==== Recorded data ====
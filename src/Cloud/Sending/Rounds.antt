-- ===== src/Cloud/Sending/Rounds.antt =====
-- The number of rounds that the loop of `send_message` is followed for (components/cloud/src/client.rs).
use holistic_framework_for_l.Base.{
  ℕ, zero, suc, ◌≤◌, ◌≡◌, arith, Bool, Bool-cases, inl, inr, List, [], ◌∷◌, drop, ok, ◌==◌,
}
use holistic_framework_for_l.Cloud.{WriteResult, written, Stream}
use holistic_framework_for_l.Cloud.Sending.{Written, after_write, write_all}

module _ (S : Stream) where
  after_write-more :
      (again more : List ℕ → S.Connection → Written S) (buf : List ℕ) (w : WriteResult)
      (c : S.Connection) (r : Bool × S.Connection)
      → ((l : List ℕ) (d : S.Connection) → again l d ≡ ok r → more l d ≡ ok r)
      → after_write S again buf (w, c) ≡ ok r
      → after_write S more buf (w, c) ≡ ok r
  after_write-more again more buf WriteResult.would_block c r same e = same buf c e
  after_write-more again more buf WriteResult.interrupted c r same e = same buf c e
  after_write-more again more buf WriteResult.failed c r same e = e
  after_write-more again more buf (written n) c r same e = elim (Bool-cases (n == 0)) [
    | inl nothing ↦ rw nothing (rw nothing at e)
    | inr some_bytes ↦ rw some_bytes (same (drop n buf) c (rw some_bytes at e))
  ]

  -- A loop that is over stays so, with the same result, if it is followed for more rounds: what the loop
  -- returns does not depend on the rounds that it is given.
  write_all-more :
      (fuel more : ℕ) (buf : List ℕ) (c : S.Connection) (r : Bool × S.Connection)
      → fuel ≤ more
      → write_all S fuel buf c ≡ ok r
      → write_all S more buf c ≡ ok r
  unfolding write_all
  write_all-more zero zero buf c r h e = e
  write_all-more zero (suc more) [] c r h e = e
  write_all-more zero (suc more) (b ∷ bs) c r h e = cc
  write_all-more (suc fuel) zero buf c r h e = absurd (omega arith)
  write_all-more (suc fuel) (suc more) [] c r h e = e
  write_all-more (suc fuel) (suc more) (b ∷ bs) c r h e =
      after_write-more (write_all S fuel) (write_all S more) (b ∷ bs) (S.write (b ∷ bs) c).0
        (S.write (b ∷ bs) c).1 r (λ l d k. write_all-more fuel more l d r (omega arith) k) e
====
(What the task asks)
The records must be reproduced in full. Nothing should differ.

(Your solution)
filename src/Cloud/Sending/Rounds.antt
-- ===== src/Cloud/Sending/Rounds.antt =====
-- The number of rounds that the loop of `send_message` is followed for (components/cloud/src/client.rs).
use holistic_framework_for_l.Base.{
  ℕ, zero, suc, ◌≤◌, ◌≡◌, arith, Bool, Bool-cases, inl, inr, List, [], ◌∷◌, drop, ok, ◌==◌,
}
use holistic_framework_for_l.Cloud.{WriteResult, written, Stream}
use holistic_framework_for_l.Cloud.Sending.{Written, after_write, write_all}

module _ (S : Stream) where
  after_write-more :
      (again more : List ℕ → S.Connection → Written S) (buf : List ℕ) (w : WriteResult)
      (c : S.Connection) (r : Bool × S.Connection)
      → ((l : List ℕ) (d : S.Connection) → again l d ≡ ok r → more l d ≡ ok r)
      → after_write S again buf (w, c) ≡ ok r
      → after_write S more buf (w, c) ≡ ok r
  after_write-more again more buf WriteResult.would_block c r same e = same buf c e
  after_write-more again more buf WriteResult.interrupted c r same e = same buf c e
  after_write-more again more buf WriteResult.failed c r same e = e
  after_write-more again more buf (written n) c r same e = elim (Bool-cases (n == 0)) [
    | inl nothing ↦ rw nothing (rw nothing at e)
    | inr some_bytes ↦ rw some_bytes (same (drop n buf) c (rw some_bytes at e))
  ]

  -- A loop that is over stays so, with the same result, if it is followed for more rounds: what the loop
  -- returns does not depend on the rounds that it is given.
  write_all-more :
      (fuel more : ℕ) (buf : List ℕ) (c : S.Connection) (r : Bool × S.Connection)
      → fuel ≤ more
      → write_all S fuel buf c ≡ ok r
      → write_all S more buf c ≡ ok r
  unfolding write_all
  write_all-more zero zero buf c r h e = e
  write_all-more zero (suc more) [] c r h e = e
  write_all-more zero (suc more) (b ∷ bs) c r h e = cc
  write_all-more (suc fuel) zero buf c r h e = absurd (omega arith)
  write_all-more (suc fuel) (suc more) [] c r h e = e
  write_all-more (suc fuel) (suc more) (b ∷ bs) c r h e =
      after_write-more (write_all S fuel) (write_all S more) (b ∷ bs) (S.write (b ∷ bs) c).0
        (S.write (b ∷ bs) c).1 r (λ l d k. write_all-more fuel more l d r (omega arith) k) e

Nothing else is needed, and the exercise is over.